→ **About this exercise**
Within the entries below, the lines from the one with "(read_multicast_udp_line topology end_time r" through the one with "λ ascending." are to be set down exactly, both ends kept.

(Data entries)

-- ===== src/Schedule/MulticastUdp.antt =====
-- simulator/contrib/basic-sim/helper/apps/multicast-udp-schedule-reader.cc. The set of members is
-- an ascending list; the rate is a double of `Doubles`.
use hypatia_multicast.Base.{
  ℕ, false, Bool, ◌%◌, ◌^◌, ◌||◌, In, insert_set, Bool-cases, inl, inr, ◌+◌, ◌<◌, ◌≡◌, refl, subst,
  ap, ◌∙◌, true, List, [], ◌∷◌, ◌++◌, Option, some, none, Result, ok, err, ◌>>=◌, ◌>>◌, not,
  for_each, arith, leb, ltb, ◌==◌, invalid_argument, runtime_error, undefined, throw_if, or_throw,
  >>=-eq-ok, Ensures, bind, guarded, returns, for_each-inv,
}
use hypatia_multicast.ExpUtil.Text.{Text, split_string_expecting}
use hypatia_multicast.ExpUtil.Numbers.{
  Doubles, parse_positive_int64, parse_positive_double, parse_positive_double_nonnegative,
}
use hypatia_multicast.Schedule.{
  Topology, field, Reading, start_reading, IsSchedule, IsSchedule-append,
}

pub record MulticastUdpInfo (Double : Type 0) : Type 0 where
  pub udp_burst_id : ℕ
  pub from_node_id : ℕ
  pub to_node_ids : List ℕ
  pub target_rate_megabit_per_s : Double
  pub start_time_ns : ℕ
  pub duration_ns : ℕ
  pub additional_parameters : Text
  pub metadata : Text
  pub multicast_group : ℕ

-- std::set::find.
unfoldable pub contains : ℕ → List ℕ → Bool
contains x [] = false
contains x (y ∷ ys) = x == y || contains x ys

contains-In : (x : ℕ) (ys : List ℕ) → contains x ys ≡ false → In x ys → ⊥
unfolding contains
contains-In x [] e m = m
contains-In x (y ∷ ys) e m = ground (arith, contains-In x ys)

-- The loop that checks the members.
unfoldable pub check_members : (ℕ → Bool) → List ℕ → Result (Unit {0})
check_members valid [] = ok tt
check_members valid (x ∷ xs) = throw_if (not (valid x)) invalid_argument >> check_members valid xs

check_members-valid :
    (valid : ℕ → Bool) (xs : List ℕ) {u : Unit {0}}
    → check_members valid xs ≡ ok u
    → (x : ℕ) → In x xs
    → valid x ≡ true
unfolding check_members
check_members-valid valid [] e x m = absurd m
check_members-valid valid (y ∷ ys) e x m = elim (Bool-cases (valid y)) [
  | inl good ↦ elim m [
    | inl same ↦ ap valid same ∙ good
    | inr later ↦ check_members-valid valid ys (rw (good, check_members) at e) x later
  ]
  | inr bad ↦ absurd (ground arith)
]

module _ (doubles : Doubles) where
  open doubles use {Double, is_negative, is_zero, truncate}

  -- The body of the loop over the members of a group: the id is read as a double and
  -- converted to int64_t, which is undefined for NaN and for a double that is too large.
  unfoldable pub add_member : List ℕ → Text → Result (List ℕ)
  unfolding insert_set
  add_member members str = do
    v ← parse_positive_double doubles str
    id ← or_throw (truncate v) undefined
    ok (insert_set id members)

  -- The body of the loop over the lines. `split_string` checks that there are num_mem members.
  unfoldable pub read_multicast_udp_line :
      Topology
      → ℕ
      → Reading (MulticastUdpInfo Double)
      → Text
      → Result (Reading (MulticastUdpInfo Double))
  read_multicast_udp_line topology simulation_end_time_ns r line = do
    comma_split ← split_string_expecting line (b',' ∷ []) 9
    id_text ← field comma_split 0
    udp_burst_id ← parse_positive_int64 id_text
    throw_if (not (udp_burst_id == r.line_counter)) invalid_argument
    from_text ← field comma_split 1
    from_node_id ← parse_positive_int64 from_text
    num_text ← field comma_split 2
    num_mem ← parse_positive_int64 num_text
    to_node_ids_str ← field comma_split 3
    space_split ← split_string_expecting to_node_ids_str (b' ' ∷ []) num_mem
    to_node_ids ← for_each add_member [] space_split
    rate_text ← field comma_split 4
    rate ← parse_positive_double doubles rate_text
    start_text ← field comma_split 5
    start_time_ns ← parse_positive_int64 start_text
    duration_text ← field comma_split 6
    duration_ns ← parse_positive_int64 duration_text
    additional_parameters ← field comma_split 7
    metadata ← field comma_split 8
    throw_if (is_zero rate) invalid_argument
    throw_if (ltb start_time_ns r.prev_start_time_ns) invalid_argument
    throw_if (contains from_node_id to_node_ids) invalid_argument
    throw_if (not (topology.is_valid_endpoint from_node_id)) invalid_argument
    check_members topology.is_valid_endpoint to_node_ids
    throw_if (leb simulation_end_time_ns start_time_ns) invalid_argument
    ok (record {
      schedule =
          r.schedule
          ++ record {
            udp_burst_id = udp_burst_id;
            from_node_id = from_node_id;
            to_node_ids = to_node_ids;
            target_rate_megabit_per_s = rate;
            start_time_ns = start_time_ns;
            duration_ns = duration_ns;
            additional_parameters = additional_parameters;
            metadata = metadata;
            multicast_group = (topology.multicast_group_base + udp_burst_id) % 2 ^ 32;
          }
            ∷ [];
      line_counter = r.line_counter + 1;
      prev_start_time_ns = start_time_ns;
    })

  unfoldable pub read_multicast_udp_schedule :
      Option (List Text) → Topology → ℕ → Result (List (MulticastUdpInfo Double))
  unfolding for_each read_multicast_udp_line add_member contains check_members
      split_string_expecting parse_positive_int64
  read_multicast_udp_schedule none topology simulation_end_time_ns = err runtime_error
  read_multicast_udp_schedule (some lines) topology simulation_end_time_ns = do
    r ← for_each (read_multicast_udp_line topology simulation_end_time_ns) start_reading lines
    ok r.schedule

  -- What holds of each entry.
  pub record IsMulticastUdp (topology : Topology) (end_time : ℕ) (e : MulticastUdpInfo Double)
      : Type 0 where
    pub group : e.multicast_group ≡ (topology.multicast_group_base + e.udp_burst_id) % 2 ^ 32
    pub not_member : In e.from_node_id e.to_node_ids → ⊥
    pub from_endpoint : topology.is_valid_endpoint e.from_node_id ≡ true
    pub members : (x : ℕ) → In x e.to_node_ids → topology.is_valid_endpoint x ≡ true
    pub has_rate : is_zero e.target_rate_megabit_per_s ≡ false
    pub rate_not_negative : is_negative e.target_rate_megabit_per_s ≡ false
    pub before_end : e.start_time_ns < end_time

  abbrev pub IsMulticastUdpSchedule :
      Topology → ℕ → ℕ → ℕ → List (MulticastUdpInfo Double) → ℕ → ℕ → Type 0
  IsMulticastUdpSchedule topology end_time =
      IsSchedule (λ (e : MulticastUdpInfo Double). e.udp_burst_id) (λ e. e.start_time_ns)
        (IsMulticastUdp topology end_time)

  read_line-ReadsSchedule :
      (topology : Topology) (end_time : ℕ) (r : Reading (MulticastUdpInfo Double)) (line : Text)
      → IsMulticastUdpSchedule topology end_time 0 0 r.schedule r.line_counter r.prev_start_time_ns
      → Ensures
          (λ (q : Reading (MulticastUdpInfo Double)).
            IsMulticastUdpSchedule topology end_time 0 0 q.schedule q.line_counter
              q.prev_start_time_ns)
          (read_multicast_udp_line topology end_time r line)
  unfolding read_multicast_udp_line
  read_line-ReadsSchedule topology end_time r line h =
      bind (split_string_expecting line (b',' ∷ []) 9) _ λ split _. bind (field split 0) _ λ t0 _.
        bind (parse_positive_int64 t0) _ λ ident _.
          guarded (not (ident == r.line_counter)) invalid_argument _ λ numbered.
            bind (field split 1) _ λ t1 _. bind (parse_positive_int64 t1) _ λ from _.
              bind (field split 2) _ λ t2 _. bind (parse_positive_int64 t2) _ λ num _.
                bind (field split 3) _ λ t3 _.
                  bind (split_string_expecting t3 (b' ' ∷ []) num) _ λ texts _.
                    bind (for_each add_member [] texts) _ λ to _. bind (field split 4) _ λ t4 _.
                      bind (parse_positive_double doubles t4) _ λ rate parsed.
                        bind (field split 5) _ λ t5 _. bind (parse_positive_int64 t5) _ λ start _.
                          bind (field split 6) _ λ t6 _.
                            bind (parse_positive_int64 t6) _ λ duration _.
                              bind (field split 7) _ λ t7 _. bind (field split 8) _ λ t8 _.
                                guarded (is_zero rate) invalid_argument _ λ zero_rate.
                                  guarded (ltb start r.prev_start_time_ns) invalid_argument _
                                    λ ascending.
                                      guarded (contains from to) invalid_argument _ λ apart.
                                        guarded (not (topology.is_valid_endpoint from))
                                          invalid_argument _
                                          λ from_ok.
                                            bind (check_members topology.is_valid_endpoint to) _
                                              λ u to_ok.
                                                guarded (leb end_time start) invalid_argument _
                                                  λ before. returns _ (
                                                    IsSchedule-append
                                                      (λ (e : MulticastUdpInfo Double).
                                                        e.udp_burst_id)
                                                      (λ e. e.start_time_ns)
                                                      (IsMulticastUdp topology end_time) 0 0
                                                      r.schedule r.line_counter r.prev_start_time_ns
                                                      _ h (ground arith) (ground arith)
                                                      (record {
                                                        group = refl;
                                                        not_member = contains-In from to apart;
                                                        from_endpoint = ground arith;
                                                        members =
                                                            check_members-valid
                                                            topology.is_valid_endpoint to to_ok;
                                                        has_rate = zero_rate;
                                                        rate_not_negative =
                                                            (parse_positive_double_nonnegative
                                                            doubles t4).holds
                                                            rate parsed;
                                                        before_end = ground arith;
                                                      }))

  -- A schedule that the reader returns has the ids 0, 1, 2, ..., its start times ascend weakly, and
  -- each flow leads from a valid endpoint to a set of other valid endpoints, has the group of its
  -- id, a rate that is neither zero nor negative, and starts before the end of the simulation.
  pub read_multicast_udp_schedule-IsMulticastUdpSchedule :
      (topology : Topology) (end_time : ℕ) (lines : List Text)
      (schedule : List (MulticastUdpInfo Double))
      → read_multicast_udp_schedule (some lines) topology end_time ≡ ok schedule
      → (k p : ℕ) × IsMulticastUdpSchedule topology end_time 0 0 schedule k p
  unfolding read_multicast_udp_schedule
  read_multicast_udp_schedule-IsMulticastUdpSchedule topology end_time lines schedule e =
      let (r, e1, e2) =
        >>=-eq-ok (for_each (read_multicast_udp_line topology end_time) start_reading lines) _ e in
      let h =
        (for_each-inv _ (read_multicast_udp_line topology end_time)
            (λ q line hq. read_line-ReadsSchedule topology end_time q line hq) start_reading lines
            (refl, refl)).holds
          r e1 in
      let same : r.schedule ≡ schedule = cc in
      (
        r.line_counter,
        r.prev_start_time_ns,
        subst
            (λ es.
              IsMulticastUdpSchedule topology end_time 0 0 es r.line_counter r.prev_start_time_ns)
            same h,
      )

→ **Answer**
          (read_multicast_udp_line topology end_time r line)
  unfolding read_multicast_udp_line
  read_line-ReadsSchedule topology end_time r line h =
      bind (split_string_expecting line (b',' ∷ []) 9) _ λ split _. bind (field split 0) _ λ t0 _.
        bind (parse_positive_int64 t0) _ λ ident _.
          guarded (not (ident == r.line_counter)) invalid_argument _ λ numbered.
            bind (field split 1) _ λ t1 _. bind (parse_positive_int64 t1) _ λ from _.
              bind (field split 2) _ λ t2 _. bind (parse_positive_int64 t2) _ λ num _.
                bind (field split 3) _ λ t3 _.
                  bind (split_string_expecting t3 (b' ' ∷ []) num) _ λ texts _.
                    bind (for_each add_member [] texts) _ λ to _. bind (field split 4) _ λ t4 _.
                      bind (parse_positive_double doubles t4) _ λ rate parsed.
                        bind (field split 5) _ λ t5 _. bind (parse_positive_int64 t5) _ λ start _.
                          bind (field split 6) _ λ t6 _.
                            bind (parse_positive_int64 t6) _ λ duration _.
                              bind (field split 7) _ λ t7 _. bind (field split 8) _ λ t8 _.
                                guarded (is_zero rate) invalid_argument _ λ zero_rate.
                                  guarded (ltb start r.prev_start_time_ns) invalid_argument _
                                    λ ascending.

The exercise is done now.